Три жизни Юрия Байды - [41]
Юрасю не хотелось идти в землянку разведчиков: они еще не спят, опять заведут тары-бары, а он сегодня наговорился — на сто лет хватит!.. Чересчур много и горестных и радостных переживаний накатило в один день, сердце еще не привыкло к новому состоянию.
Юрась постоял под развесистым дубом, прислонившись спиной к его шершавой коре. В небе куда-то тащился, подвывая, фашистский самолет. Юрась посмотрел вверх и невольно втянул голову в плечи: прямо над его макушкой висела гиря. Не воображаемая, а настоящий старый двухпудовик. Что за чертовщина? Почему она здесь висит? Потрогал рукой — гиря покачнулась. Странно…

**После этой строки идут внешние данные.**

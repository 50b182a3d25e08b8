-- ===== src/Term/Edit.antt =====
-- The handlers of `Term` in alacritty_terminal/src/term/mod.rs that edit the line of the cursor, or move
-- the cursor by tabs, with the damage that they report. The tab stops are an argument.
use alacritty_pro.Prelude.{ℕ, ◌+◌, ◌-◌, min, Option, some, ◌>>=◌}
use alacritty_pro.Cell
use alacritty_pro.Cell.{Palette}
use alacritty_pro.Row.{Row}
use alacritty_pro.Row.Edit
use alacritty_pro.Storage
use alacritty_pro.Tabs
use alacritty_pro.Tabs.{TabStops}
use alacritty_pro.Term.{Term, cursor_line, cursor_column, damage_row, place}

module _ {T : Type 0} where
  -- An edit of the row of the cursor.
  unfoldable pub edit_line : Term T → (Row T → Option (Row T)) → Option (Term T)
  unfolding Storage.update
  edit_line t f = do
    raw ← Storage.update t.grid.raw (cursor_line t) f
    some (record t { grid = record t.grid { raw = raw } })

  unfoldable pub move_backward_tabs : TabStops → Term T → ℕ → Option (Term T)
  unfolding Tabs.backward_tabs damage_row
  move_backward_tabs tabs t count = do
    col ← Tabs.backward_tabs tabs count (cursor_column t)
    damage_row (place t (record { line = cursor_line t; column = col })) (cursor_line t) col
        (cursor_column t)

  unfoldable pub move_forward_tabs : TabStops → Term T → ℕ → Option (Term T)
  unfolding Tabs.forward_tabs damage_row
  move_forward_tabs tabs t count = do
    col ← Tabs.forward_tabs tabs t.grid.columns count (cursor_column t)
    damage_row (place t (record { line = cursor_line t; column = col })) (cursor_line t)
        (cursor_column t) col

module _ {Color : Type 0} (palette : Palette Color) (Link : Type 0) where
  -- `bg.into()`, of the background of the cursor's template.
  abbrev background_cell : Term (Cell.Cell Color Link) → Cell.Cell Color Link
  background_cell t = Cell.from_color palette Link t.grid.cursor.template.bg

  unfoldable pub insert_blank :
      Term (Cell.Cell Color Link) → ℕ → Option (Term (Cell.Cell Color Link))
  unfolding damage_row edit_line Edit.insert_blank
  insert_blank t count = do
    t' ← damage_row t (cursor_line t) 0 (t.grid.columns - 1)
    edit_line t' (Edit.insert_blank t.grid.columns (background_cell t) (cursor_column t) count)

  unfoldable pub erase_chars :
      Term (Cell.Cell Color Link) → ℕ → Option (Term (Cell.Cell Color Link))
  unfolding damage_row edit_line Edit.erase_chars
  erase_chars t count = do
    t' ←
        damage_row t (cursor_line t) (cursor_column t)
          (min (cursor_column t + count) t.grid.columns)
    edit_line t' (Edit.erase_chars t.grid.columns (background_cell t) (cursor_column t) count)

  unfoldable pub delete_chars :
      Term (Cell.Cell Color Link) → ℕ → Option (Term (Cell.Cell Color Link))
  unfolding damage_row edit_line Edit.delete_chars
  delete_chars t count = do
    t' ← damage_row t (cursor_line t) 0 (t.grid.columns - 1)
    edit_line t' (Edit.delete_chars t.grid.columns (background_cell t) (cursor_column t) count)
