-- ===== src/Workitem/Archive/Guarded.antt =====
-- internal/workitem/archive.go: the guards of archiving and the moving of saved bodies leave every item in its
-- state, if the companions do.
use macguffin.Workitem.Done.Asked
use macguffin.Prelude.{
  ℕ, List, [], ◌∷◌, Option, Bytes, codes, same, keep, is_nil, length, leb, Bool-cases, inl, inr,
}
use macguffin.Store.{State, Actor, Ref}
use macguffin.Store.Backend.{Keeps}
use macguffin.Workitem.Item.{Item}
use macguffin.Workitem.Resolve.{Access, conflict}
use macguffin.Workitem.Identity.{Outcome-cases, Result-cases}
use macguffin.Workitem.Moves.{IsReader}
use macguffin.Workitem.Guards.{
  check_archive_guards, require_not_blocked, require_remainder_discharged, require_successor,
  require_tracked, successor_ids,
}
use macguffin.Workitem.Done.Held
use macguffin.Workitem.Done.Kept
use macguffin.Workitem.Unclaim.Placed.{Answer-cases}
use macguffin.Workitem.Archive.{
  Bodies, is_backup, sort_down, drop, remove_each, body_backup_keep, prune_body_backups,
  move_body_backups,
}

module _ {S : Type 0} (b : Access S) (digest : Bytes → Bytes) (derive : State → Actor → State)
    (IsId : Bytes → Type 0) (IsState : State → Type 0) (IsPartition : Bytes → Type 0)
    (k : Keeps b.backend digest derive IsId IsState IsPartition)
    (reads : IsReader b digest derive IsId IsState IsPartition k) (parse_time : Bytes → Option ℕ)
    (format_time : ℕ → Bytes) (others : ℕ → S → S)
    (holding : (n : ℕ) (s : S)
      → k.IsHealthy s
      → Held.Held b digest derive IsId IsState IsPartition k reads s (others n s))
    (vacant : (j : Bytes) → Asked.IsAsked b digest derive IsId IsState IsPartition k j) (now : ℕ)
    (who : Actor) where
  abbrev Same : S → S → Type 0
  Same = Held.Held b digest derive IsId IsState IsPartition k reads

  Same-refl : (s : S) → k.IsHealthy s → Same s s
  Same-refl = Held.Held-refl b digest derive IsId IsState IsPartition k reads

  Same-trans : (s t u : S) → Same s t → Same t u → Same s u
  Same-trans = Held.Held-trans b digest derive IsId IsState IsPartition k reads

  require_successor-Same : (it : Item) (s : S) → k.IsHealthy s → Same s (require_successor b it s).1
  unfolding require_successor require_tracked
  require_successor-Same it s h = elim (Bool-cases (same it.kind (codes "design"))) [
    | inr n ↦ rw n (Same-refl s h)
    | inl y ↦ elim (Bool-cases (is_nil (successor_ids it))) [
      | inl n ↦ rw (y, n) (Same-refl s h)
      | inr n ↦
          rw (y, n)
            (Kept.some_resolves-Same b digest derive IsId IsState IsPartition k reads parse_time
              format_time others holding vacant now who (conflict (codes "dangling_successor"))
              (successor_ids it) s h)
    ]
  ]

  pub check_archive_guards-Same :
      (it : Item) (s : S) → k.IsHealthy s → Same s (check_archive_guards b it s).1
  unfolding check_archive_guards
  check_archive_guards-Same it s h =
      let r = require_remainder_discharged b it s in
      let p =
        Kept.require_remainder_discharged-Same b digest derive IsId IsState IsPartition k reads
          parse_time format_time others holding vacant now who it s h in
      elim (Outcome-cases (require_not_blocked it)) [
        | inr (f, e) ↦ rw (e, check_archive_guards) (Same-refl s h)
        | inl (x, e) ↦ elim (Outcome-cases r.0) [
          | inr (f, n) ↦ rw (e, check_archive_guards) (rw n p)
          | inl (y, n) ↦
              rw (e, check_archive_guards)
                (rw n (
                  Same-trans s r.1 (require_successor b it r.1).1 p
                    (require_successor-Same it r.1 p.0)))
        ]
      ]

  module _ (c : Bodies S)
      (naming_holds : (ref : Ref) (s : S) → k.IsHealthy s → Same s (c.names ref s).1)
      (removing_holds : (ref : Ref) (n : Bytes) (s : S)
        → k.IsHealthy s
        → Same s (c.remove ref n s).1)
      (moving_holds : (from to : Ref) (s : S) → k.IsHealthy s → Same s (c.move from to s).1) where
    remove_each-Same :
        (ref : Ref) (ns : List Bytes) (s : S) → k.IsHealthy s → Same s (remove_each c ref ns s).1
    unfolding remove_each
    remove_each-Same ref [] s h = Same-refl s h
    remove_each-Same ref (n ∷ ns) s h =
        let r = c.remove ref n s in
        let p = removing_holds ref n s h in
        elim (Result-cases r.0) [
          | inr (e, q) ↦ rw (q, remove_each) p
          | inl q ↦
              rw (q, remove_each)
                (Same-trans s r.1 (remove_each c ref ns r.1).1 p (remove_each-Same ref ns r.1 p.0))
        ]

    prune_body_backups-Same :
        (ref : Ref) (s : S) → k.IsHealthy s → Same s (prune_body_backups c ref s).1
    unfolding prune_body_backups
    prune_body_backups-Same ref s h =
        let ns = c.names ref s in
        let p = naming_holds ref s h in
        elim (Answer-cases ns.0) [
          | inr (e, q) ↦ rw (q, prune_body_backups) p
          | inl (all_names, q) ↦
              let names = keep (is_backup c.parse_stamp) all_names in
              let old = drop body_backup_keep (sort_down names) in
              elim (Bool-cases (leb (length names) body_backup_keep)) [
                | inl y ↦ rw (q, prune_body_backups) (rw y p)
                | inr y ↦
                    rw (q, prune_body_backups)
                      (rw y (
                        Same-trans s ns.1 (remove_each c ref old ns.1).1 p
                          (remove_each-Same ref old ns.1 p.0)))
              ]
        ]

    pub move_body_backups-Same :
        (from to : Ref) (s : S) → k.IsHealthy s → Same s (move_body_backups c from to s).1
    unfolding move_body_backups
    move_body_backups-Same from to s h =
        let r = c.move from to s in
        let p = moving_holds from to s h in
        elim (Result-cases r.0) [
          | inr (e, q) ↦ rw (q, move_body_backups) p
          | inl q ↦
              rw (q, move_body_backups)
                (Same-trans s r.1 (prune_body_backups c to r.1).1 p
                  (prune_body_backups-Same to r.1 p.0))
        ]
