module _ {S : Type 0} (b : Access S) (digest : Bytes → Bytes) (derive : State → Actor → State)
    (IsId : Bytes → Type 0) (IsState : State → Type 0) (IsPartition : Bytes → Type 0)
    (k : Keeps b.backend digest derive IsId IsState IsPartition)
    (reads : IsReader b digest derive IsId IsState IsPartition k) (parse_time : Bytes → Option ℕ)
    (format_time : ℕ → Bytes) (others : ℕ → S → S)
    (holding : (n : ℕ) (s : S)
      → k.IsHealthy s
      → Held.Held b digest derive IsId IsState IsPartition k reads s (others n s))
    (vacant : (j : Bytes) → Asked.IsAsked b digest derive IsId IsState IsPartition k j) (now : ℕ)
    (who : Actor) (c : Bodies S)
    (naming_holds : (ref : Ref) (s : S)
      → k.IsHealthy s
      → Held.Held b digest derive IsId IsState IsPartition k reads s (c.names ref s).1)
    (removing_holds : (ref : Ref) (n : Bytes) (s : S)
      → k.IsHealthy s
      → Held.Held b digest derive IsId IsState IsPartition k reads s (c.remove ref n s).1)
    (moving_holds : (from to : Ref) (s : S)
      → k.IsHealthy s
      → Held.Held b digest derive IsId IsState IsPartition k reads s (c.move from to s).1)
    (partition_of : ℕ → Bytes) (partition_held : (n : ℕ) → IsPartition (partition_of n)) where
  abbrev Same : S → S → Type 0
  Same = Held.Held b digest derive IsId IsState IsPartition k reads

  Same-trans : (s t u : S) → Same s t → Same t u → Same s u
  Same-trans = Held.Held-trans b digest derive IsId IsState IsPartition k reads

  -- The record of a done item that the id names, whose item was linked and passed the guards, or was
  -- forced past them.
  pub record Archivable (force : Bool) (successor id : Bytes) (s : S) (m : Match) (it : Item)
      (t : S) : Type 0 where
    pub named : (resolve_unique b id s).0 ≡ good m
    pub takes : IsId m.id
    pub is_done : m.status ≡ done
    pub found : Item
    pub was_read : read_match b parse_time m ≡ good found
    pub before : S
    pub after : S
    pub links :
        link b digest parse_time format_time others now who m found successor before
        ≡ (good it, after)
    pub untouched : Same s before
    pub passed : (force ≡ true) ⊎ ((check_archive_guards b it after).0 ≡ good tt)
    pub still : Same s t

  -- The record was archived by a move that the contract allows, and nothing else has changed.
  pub record Filed (m : Match) (t u : S) : Type 0 where
    pub healthy : k.IsHealthy u
    pub allowed : (Spec.archive m.id (partition_of m.doc.mtime) (k.view t)).0 ≡ ok tt
    pub viewed :
        (j : Bytes)
        → IsId j
        → k.view u j ≡ (Spec.archive m.id (partition_of m.doc.mtime) (k.view t)).1 j

  -- An error, with every item in its state; or the move, after which no state changes.
  abbrev pub ArchiveEnds : Bool → Bytes → Bytes → S → Outcome Item × S → Type 0
  ArchiveEnds force successor id s out =
      ((f : Failure) × (out.0 ≡ bad f) × Same s out.1)
      ⊎ ((m : Match) × (it : Item) × (current : Match) × (t : S) × (u : S) × Archivable force
            successor id s m it t
          × (current.id ≡ m.id)
          × Filed current t u
          × Same u out.1
          × ((out.0 ≡ good it) ⊎ (out.0 ≡ bad io_error)))

  carry_bodies-Ends :
      (m : Match) (partition : Bytes) (it : Item) (s : S)
      → k.IsHealthy s
      → let out =
          carry_bodies b digest parse_time format_time others now who c partition_of m partition it
            s in
        Same s out.1 × ((out.0 ≡ good it) ⊎ (out.0 ≡ bad io_error))
  unfolding carry_bodies
  carry_bodies-Ends m partition it s h =
      let to : Ref = record { id = m.id; status = archived; partition = partition } in
      let r = move_body_backups c (ref_of_match m) to s in
      let p =
        Guarded.move_body_backups-Same b digest derive IsId IsState IsPartition k reads parse_time
          format_time others holding vacant now who c naming_holds removing_holds moving_holds
          (ref_of_match m) to s h in
      elim (Result-cases r.0) [
        | inl q ↦ rw (q, carry_bodies) (p, inl refl)
        | inr (e, q) ↦ rw (q, carry_bodies) (p, inr refl)
      ]

  archive_file-Ends :
      (force : Bool) (successor id : Bytes) (s : S) (m current : Match) (it : Item) (t : S)
      → Archivable force successor id s m it t
      → current.id ≡ m.id
      → ArchiveEnds force successor id s
          (archive_file b digest parse_time format_time others now who c partition_of current it t)
  unfolding archive_file
  archive_file-Ends force successor id s m current it t q e =
      let out =
        archive_file b digest parse_time format_time others now who c partition_of current it t in
      let partition = partition_of current.doc.mtime in
      let w = b.backend.archive current.id partition (writer who 0) t in
      let f =
        k.archive_law current.id partition (writer who 0) t (subst IsId (sym e) q.takes)
          (partition_held current.doc.mtime) q.still.0 in
      elim (Result-cases w.0) [
        | inr (x, o) ↦
            let v : out ≡ (bad (archive_error x), w.1) = rw (o, archive_file) refl in
            let same_view = archive-err current.id partition (k.view t) x (sym f.answer ∙ o) in
            subst (ArchiveEnds force successor id s) (sym v) (
              inl (
                archive_error x,
                refl,
                Same-trans s t w.1 q.still
                    (f.healthy, λ j i. ap Held.state_at (f.viewed j i ∙ ap (λ y. y j) same_view)),
              ))
        | inl o ↦
            let v : out
                ≡ carry_bodies b digest parse_time format_time others now who c partition_of current
                    partition it w.1 =
              rw (o, archive_file) refl in
            let p = carry_bodies-Ends current partition it w.1 f.healthy in
            subst (ArchiveEnds force successor id s) (sym v) (
              inr (
                m,
                it,
                current,
                t,
                w.1,
                q,
                e,
                record { healthy = f.healthy; allowed = sym f.answer ∙ o; viewed = f.viewed },
                p.0,
                p.1,
              ))
      ]

  Archivable-later :
      (force : Bool) (successor id : Bytes) (s : S) (m : Match) (it : Item) (t u : S)
      → Archivable force successor id s m it t
      → Same t u
      → Archivable force successor id s m it u
  Archivable-later force successor id s m it t u q p = record {
    named = q.named;
    takes = q.takes;
    is_done = q.is_done;
    found = q.found;
    was_read = q.was_read;
    before = q.before;
    after = q.after;
    links = q.links;
    untouched = q.untouched;
    passed = q.passed;
    still = Same-trans s t u q.still p;
  }

  explained-Ends :
      (force : Bool) (successor id : Bytes) (s t : S)
      → Same s t
      → ArchiveEnds force successor id s (explained b {A = Item} explain_archive_failure id t)
  unfolding status_of
  explained-Ends force successor id s t p = inl (
    explain_archive_failure (status_of b id t).0,
    refl,
    Same-trans s t (resolve_unique b id t).1 p (
        Kept.resolve_unique-Same b digest derive IsId IsState IsPartition k reads parse_time
          format_time others holding vacant now who id t p.0),
  )

  archive_guarded-Ends :
      (force : Bool) (successor id : Bytes) (s : S) (m : Match) (it : Item) (t : S)
      → Archivable force successor id s m it t
      → ArchiveEnds force successor id s
          (archive_guarded b digest parse_time format_time others now who c partition_of id m it t)
  unfolding archive_guarded rematch
  archive_guarded-Ends force successor id s m it t q =
      let out =
        archive_guarded b digest parse_time format_time others now who c partition_of id m it t in
      let r = resolve b m.id t in
      let p =
        Kept.resolve-Same b digest derive IsId IsState IsPartition k reads parse_time format_time
          others holding vacant now who m.id t q.still.0 in
      let names = rematch-Names b m.id (some done) t (λ x. absurd (cc)) in
      elim (Outcome-cases (match_now done r.0)) [
        | inr (f, e) ↦
            let v : out ≡ explained b {A = Item} explain_archive_failure id r.1 =
              rw (e, archive_guarded) refl in
            subst (ArchiveEnds force successor id s) (sym v)
              (explained-Ends force successor id s r.1 (Same-trans s t r.1 q.still p))
        | inl (m', e) ↦
            let v : out
                ≡ archive_file b digest parse_time format_time others now who c partition_of m' it
                    r.1 =
              rw (e, archive_guarded) refl in
            subst (ArchiveEnds force successor id s) (sym v) (
              archive_file-Ends force successor id s m m' it r.1
                (Archivable-later force successor id s m it t r.1 q p) (subst (Names m.id) e names))
      ]

  archive_linked-Ends :
      (force : Bool) (successor id : Bytes) (s : S) (m : Match) (found : Item) (w : S)
      → (resolve_unique b id s).0 ≡ good m
      → m.status ≡ done
      → read_match b parse_time m ≡ good found
      → IsId m.id
      → Same s w
      → ArchiveEnds force successor id s (
          archive_linked b digest parse_time format_time others now who c partition_of force id m
            (link b digest parse_time format_time others now who m found successor w))
  unfolding archive_linked
  archive_linked-Ends force successor id s m found w n dn rd i a =
      let l = link b digest parse_time format_time others now who m found successor w in
      let al = Same-trans s w l.1 a (
        Kept.link-Same b digest derive IsId IsState IsPartition k reads parse_time format_time
          others holding vacant now who m found successor w i a.0) in
      elim (Outcome-cases l.0) [
        | inr (f, e) ↦
            let v : archive_linked b digest parse_time format_time others now who c partition_of
                  force id m l
                ≡ (bad f, l.1) =
              rw (e, archive_linked) refl in
            subst (ArchiveEnds force successor id s) (sym v) (inl (f, refl, al))
        | inl (it, e) ↦
            let g = check_archive_guards b it l.1 in
            let ag = Same-trans s l.1 g.1 al (
              Guarded.check_archive_guards-Same b digest derive IsId IsState IsPartition k reads
                parse_time format_time others holding vacant now who it l.1 al.0) in
            let cleared : ((force ≡ true) ⊎ (g.0 ≡ good tt))
                → Archivable force successor id s m it g.1 =
              λ ok_to_go. record {
                named = n;
                takes = i;
                is_done = dn;
                found = found;
                was_read = rd;
                before = w;
                after = l.1;
                links = ap (λ y. (y, l.1)) e;
                untouched = a;
                passed = ok_to_go;
                still = ag;
              } in
            let rest =
              archive_guarded b digest parse_time format_time others now who c partition_of id m it
                g.1 in
            elim (Outcome-cases g.0) [
              | inl (x, d) ↦
                  let v : archive_linked b digest parse_time format_time others now who c
                        partition_of force id m l
                      ≡ rest =
                    rw (e, archive_linked) (rw d refl) in
                  subst (ArchiveEnds force successor id s) (sym v)
                    (archive_guarded-Ends force successor id s m it g.1 (cleared (inr d)))
              | inr (f, d) ↦ elim (Bool-cases force) [
                | inl y ↦
                    let v : archive_linked b digest parse_time format_time others now who c
                          partition_of force id m l
                        ≡ rest =
                      rw (e, archive_linked) (rw (d, y) refl) in
                    subst (ArchiveEnds force successor id s) (sym v)
                      (archive_guarded-Ends force successor id s m it g.1 (cleared (inl y)))
                | inr y ↦
                    let v : archive_linked b digest parse_time format_time others now who c
                          partition_of force id m l
                        ≡ (bad f, g.1) =
                      rw (e, archive_linked) (rw (d, y) refl) in
                    subst (ArchiveEnds force successor id s) (sym v) (inl (f, refl, ag))
              ]
            ]
      ]

  -- On a backend that keeps the contract, whose GetAll changes nothing, and which takes any month
  -- as a partition and has no record under a text that it does not take as an id, while other
  -- processes and the companions leave every item in its state, so that none but this operation
  -- moves an item: archiving an item either answers an error and leaves every item in its state;
  -- or the id named a done item, which passed the guards of archiving once it was linked, or was
  -- forced past them, it is archived by a move that the contract allows, and nothing after the
  -- move changes a state, even if its saved bodies cannot be moved.
  pub archive_item-Ends :
      (force : Bool) (successor id : Bytes) (s : S)
      → k.IsHealthy s
      → ArchiveEnds force successor id s (
          archive_item b digest parse_time format_time others now who c partition_of force successor
            id s)
  unfolding archive_item
  archive_item-Ends force successor id s h =
      let out =
        archive_item b digest parse_time format_time others now who c partition_of force successor
          id s in
      let r = resolve_unique b id s in
      let p =
        Kept.resolve_unique-Same b digest derive IsId IsState IsPartition k reads parse_time
          format_time others holding vacant now who id s h in
      elim (Outcome-cases r.0) [
        | inr (f, e) ↦
            let v : out ≡ (bad f, r.1) = rw (e, archive_item) refl in
            subst (ArchiveEnds force successor id s) (sym v) (inl (f, refl, p))
        | inl (m, e) ↦ elim (Bool-cases (same_status m.status done)) [
          | inr y ↦
              let v : out ≡ explained b {A = Item} explain_archive_failure id r.1 =
                rw (e, archive_item) (rw y refl) in
              subst (ArchiveEnds force successor id s) (sym v)
                (explained-Ends force successor id s r.1 p)
          | inl y ↦ elim (Outcome-cases (read_match b parse_time m)) [
            | inr (f, d) ↦
                let v : out ≡ (bad f, r.1) = rw (e, archive_item) (rw (y, d) refl) in
                subst (ArchiveEnds force successor id s) (sym v) (inl (f, refl, p))
            | inl (it, d) ↦
                let x =
                  archive_linked b digest parse_time format_time others now who c partition_of force
                    id m (link b digest parse_time format_time others now who m it successor r.1) in
                let v : out ≡ x = rw (e, archive_item) (rw (y, d) refl) in
                subst (ArchiveEnds force successor id s) (sym v) (
                  archive_linked-Ends force successor id s m it r.1 e
                    ((same_status_iff m.status done).0 y) d
                    (Asked.resolve_unique-IsId b digest derive IsId IsState IsPartition k reads
                      vacant id s m h e)
                    p)
          ]
        ]
      ]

Фашистский самолет отгудел, стало тихо. Юрасю вспомнилась последняя встреча с Агнией. Ее усталые и все равно дерзкие глаза, печальная и все-таки лукавая улыбка на крашеных губах… Как тяжко и опасно было жить и работать ей в окружении врагов! А он, безмозглый, палец о палец не ударил, чтобы понять ее, чтобы помочь. Сколько бы пользы они принесли вдвоем! Но он оказался слепцом, и Агния погибла. Горько на душе. И никогда эта горечь не иссякнет, и не будет ему никогда ни покоя, ни оправдания.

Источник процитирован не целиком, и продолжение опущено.